* **Assignment**:
Keep only the lines from the top of the listing through the one with "cut_prefix-append String.[] s", and reproduce them unaltered.

▼▼▼

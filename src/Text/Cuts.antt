-- ===== src/Text/Cuts.antt =====
-- A text that is put together is cut at the same place.
use Prim.Native.Char.{Char, code}
use Prim.Native.String
use Prim.Native.String.{count}
use text.Mathlib.TextLemmas.{
  cons-append, length-append as count_append, length-cons as count_cons, nil-append as nil_left,
}
use merkle_evidence_vault.Prelude.{
  none, ℕ, Bool-cases, String, ap, arith, eq_iff, eq_refl, false, inl, inr, refl, some, ◌==◌, ◌≡◌,
  string_key,
}
use merkle_evidence_vault.Text.{cut, cut_prefix, cut_suffix}

pub cut_prefix-append : (p s : String) → cut_prefix p (String.◌++◌ p s) ≡ some s
unfolding cut_prefix
cut_prefix-append String.[] s = rw (nil_left s) refl
cut_prefix-append (String.◌∷◌ c p) s =
    let rest = cut_prefix-append p s in rw (cons-append c p s) (ground arith)

longer : (c : Char) (s p : String) → (String.◌∷◌ c (String.◌++◌ s p) == p) ≡ false
longer c s p = elim (Bool-cases (String.◌∷◌ c (String.◌++◌ s p) == p)) [
  | inl same ↦
      let e = ap count ((eq_iff (String.◌∷◌ c (String.◌++◌ s p)) p).0 same) in
      absurd (omega (arith, count_append s p, count_cons c (String.◌++◌ s p)))
  | inr differs ↦ differs
]

pub cut_suffix-append : (p s : String) → cut_suffix p (String.◌++◌ s p) ≡ some s
unfolding cut_suffix
cut_suffix-append String.[] String.[] = refl
cut_suffix-append (String.◌∷◌ c p) String.[] =
    rw (nil_left (String.◌∷◌ c p), eq_refl (String.◌∷◌ c p)) refl
cut_suffix-append p (String.◌∷◌ c s) =
    let rest = cut_suffix-append p s in
    let differs = longer c s p in rw (cons-append c s p, differs, rest) refl

-- A text without the separator is cut off where the separator stands behind it.
pub cut-append :
    (sep : ℕ) (c : Char) (s t : String)
    → code c ≡ sep
    → cut sep s ≡ none
    → cut sep (String.◌++◌ s (String.◌∷◌ c t)) ≡ some (s, t)
unfolding cut
cut-append sep c String.[] t same absent = rw (nil_left (String.◌∷◌ c t)) (ground arith)
cut-append sep c (String.◌∷◌ d s) t same absent =
    let later = cut-append sep c s t same in rw (cons-append d s (String.◌∷◌ c t)) (ground arith)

▲▲▲

* **Solution to the problem**:
filename src/Text/Cuts.antt
-- ===== src/Text/Cuts.antt =====
-- A text that is put together is cut at the same place.
use Prim.Native.Char.{Char, code}
use Prim.Native.String
use Prim.Native.String.{count}
use text.Mathlib.TextLemmas.{
  cons-append, length-append as count_append, length-cons as count_cons, nil-append as nil_left,
}
use merkle_evidence_vault.Prelude.{
  none, ℕ, Bool-cases, String, ap, arith, eq_iff, eq_refl, false, inl, inr, refl, some, ◌==◌, ◌≡◌,
  string_key,
}
use merkle_evidence_vault.Text.{cut, cut_prefix, cut_suffix}

pub cut_prefix-append : (p s : String) → cut_prefix p (String.◌++◌ p s) ≡ some s
unfolding cut_prefix
cut_prefix-append String.[] s = rw (nil_left s) refl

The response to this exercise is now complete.